> [EXERCISE REQUIREMENTS]:
Copy the data exactly from the line that contains "repository 847d6c6259f7f6d7" through the line that contains "w ≡ (ok b, w'))", keeping both end lines and leaving out everything else.

> [PROVIDED ENTRIES]:

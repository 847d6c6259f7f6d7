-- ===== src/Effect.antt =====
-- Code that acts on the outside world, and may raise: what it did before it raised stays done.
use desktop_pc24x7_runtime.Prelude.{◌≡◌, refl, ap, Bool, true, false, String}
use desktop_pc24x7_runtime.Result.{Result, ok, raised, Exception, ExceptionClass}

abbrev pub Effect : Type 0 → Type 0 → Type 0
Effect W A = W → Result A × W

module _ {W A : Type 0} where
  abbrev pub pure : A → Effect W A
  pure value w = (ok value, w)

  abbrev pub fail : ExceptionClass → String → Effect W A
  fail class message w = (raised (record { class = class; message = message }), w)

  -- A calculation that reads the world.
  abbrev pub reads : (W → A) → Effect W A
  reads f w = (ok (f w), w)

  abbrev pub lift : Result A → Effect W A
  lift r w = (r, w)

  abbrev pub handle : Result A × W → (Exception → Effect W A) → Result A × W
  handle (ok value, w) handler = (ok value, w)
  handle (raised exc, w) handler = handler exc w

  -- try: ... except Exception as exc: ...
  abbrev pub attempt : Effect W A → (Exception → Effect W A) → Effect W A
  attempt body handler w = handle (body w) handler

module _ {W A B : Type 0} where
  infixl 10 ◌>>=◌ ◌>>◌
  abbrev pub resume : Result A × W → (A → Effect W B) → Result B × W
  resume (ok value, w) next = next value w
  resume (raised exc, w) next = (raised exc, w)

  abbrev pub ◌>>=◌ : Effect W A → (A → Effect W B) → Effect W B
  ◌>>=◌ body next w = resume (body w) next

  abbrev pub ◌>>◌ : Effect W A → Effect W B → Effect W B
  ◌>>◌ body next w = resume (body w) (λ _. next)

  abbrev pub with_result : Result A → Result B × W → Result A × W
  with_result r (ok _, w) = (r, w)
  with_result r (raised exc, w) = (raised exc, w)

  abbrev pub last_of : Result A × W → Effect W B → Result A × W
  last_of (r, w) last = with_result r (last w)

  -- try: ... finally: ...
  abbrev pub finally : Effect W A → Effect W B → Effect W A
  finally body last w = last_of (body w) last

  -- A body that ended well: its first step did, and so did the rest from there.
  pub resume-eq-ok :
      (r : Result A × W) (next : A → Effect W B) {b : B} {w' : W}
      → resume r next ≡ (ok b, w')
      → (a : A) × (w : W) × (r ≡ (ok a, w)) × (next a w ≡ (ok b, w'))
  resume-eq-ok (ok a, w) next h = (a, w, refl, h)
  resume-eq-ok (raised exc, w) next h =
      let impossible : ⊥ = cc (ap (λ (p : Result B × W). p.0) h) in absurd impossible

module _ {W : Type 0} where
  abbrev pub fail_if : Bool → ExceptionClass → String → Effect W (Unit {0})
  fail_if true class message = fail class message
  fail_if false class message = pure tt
==
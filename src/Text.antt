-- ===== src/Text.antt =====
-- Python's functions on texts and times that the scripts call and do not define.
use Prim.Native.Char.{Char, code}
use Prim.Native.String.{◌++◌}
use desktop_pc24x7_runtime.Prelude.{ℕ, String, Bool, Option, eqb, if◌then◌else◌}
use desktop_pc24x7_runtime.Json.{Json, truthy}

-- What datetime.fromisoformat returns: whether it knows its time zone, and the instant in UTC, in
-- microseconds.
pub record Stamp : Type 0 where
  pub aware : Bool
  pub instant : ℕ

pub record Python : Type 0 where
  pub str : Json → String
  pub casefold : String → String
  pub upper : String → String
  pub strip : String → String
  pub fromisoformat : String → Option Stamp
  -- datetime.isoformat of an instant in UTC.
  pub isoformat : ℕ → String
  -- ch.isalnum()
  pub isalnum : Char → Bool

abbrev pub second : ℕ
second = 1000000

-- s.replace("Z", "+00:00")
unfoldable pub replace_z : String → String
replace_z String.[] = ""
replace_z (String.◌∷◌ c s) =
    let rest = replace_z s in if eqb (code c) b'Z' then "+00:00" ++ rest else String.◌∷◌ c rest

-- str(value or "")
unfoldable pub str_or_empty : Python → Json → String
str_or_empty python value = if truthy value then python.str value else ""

> [WRITTEN SOLUTION]:
repository 847d6c6259f7f6d7
-- ===== src/Effect.antt =====
-- Code that acts on the outside world, and may raise: what it did before it raised stays done.
use desktop_pc24x7_runtime.Prelude.{◌≡◌, refl, ap, Bool, true, false, String}
use desktop_pc24x7_runtime.Result.{Result, ok, raised, Exception, ExceptionClass}

abbrev pub Effect : Type 0 → Type 0 → Type 0
Effect W A = W → Result A × W

module _ {W A : Type 0} where
  abbrev pub pure : A → Effect W A
  pure value w = (ok value, w)

  abbrev pub fail : ExceptionClass → String → Effect W A
  fail class message w = (raised (record { class = class; message = message }), w)

  -- A calculation that reads the world.
  abbrev pub reads : (W → A) → Effect W A
  reads f w = (ok (f w), w)

  abbrev pub lift : Result A → Effect W A
  lift r w = (r, w)

  abbrev pub handle : Result A × W → (Exception → Effect W A) → Result A × W
  handle (ok value, w) handler = (ok value, w)
  handle (raised exc, w) handler = handler exc w

  -- try: ... except Exception as exc: ...
  abbrev pub attempt : Effect W A → (Exception → Effect W A) → Effect W A
  attempt body handler w = handle (body w) handler

module _ {W A B : Type 0} where
  infixl 10 ◌>>=◌ ◌>>◌
  abbrev pub resume : Result A × W → (A → Effect W B) → Result B × W
  resume (ok value, w) next = next value w
  resume (raised exc, w) next = (raised exc, w)

  abbrev pub ◌>>=◌ : Effect W A → (A → Effect W B) → Effect W B
  ◌>>=◌ body next w = resume (body w) next

  abbrev pub ◌>>◌ : Effect W A → Effect W B → Effect W B
  ◌>>◌ body next w = resume (body w) (λ _. next)

  abbrev pub with_result : Result A → Result B × W → Result A × W
  with_result r (ok _, w) = (r, w)
  with_result r (raised exc, w) = (raised exc, w)

  abbrev pub last_of : Result A × W → Effect W B → Result A × W
  last_of (r, w) last = with_result r (last w)

  -- try: ... finally: ...
  abbrev pub finally : Effect W A → Effect W B → Effect W A
  finally body last w = last_of (body w) last

  -- A body that ended well: its first step did, and so did the rest from there.
  pub resume-eq-ok :
      (r : Result A × W) (next : A → Effect W B) {b : B} {w' : W}
      → resume r next ≡ (ok b, w')
      → (a : A) × (w : W) × (r ≡ (ok a, w)) × (next a w ≡ (ok b, w'))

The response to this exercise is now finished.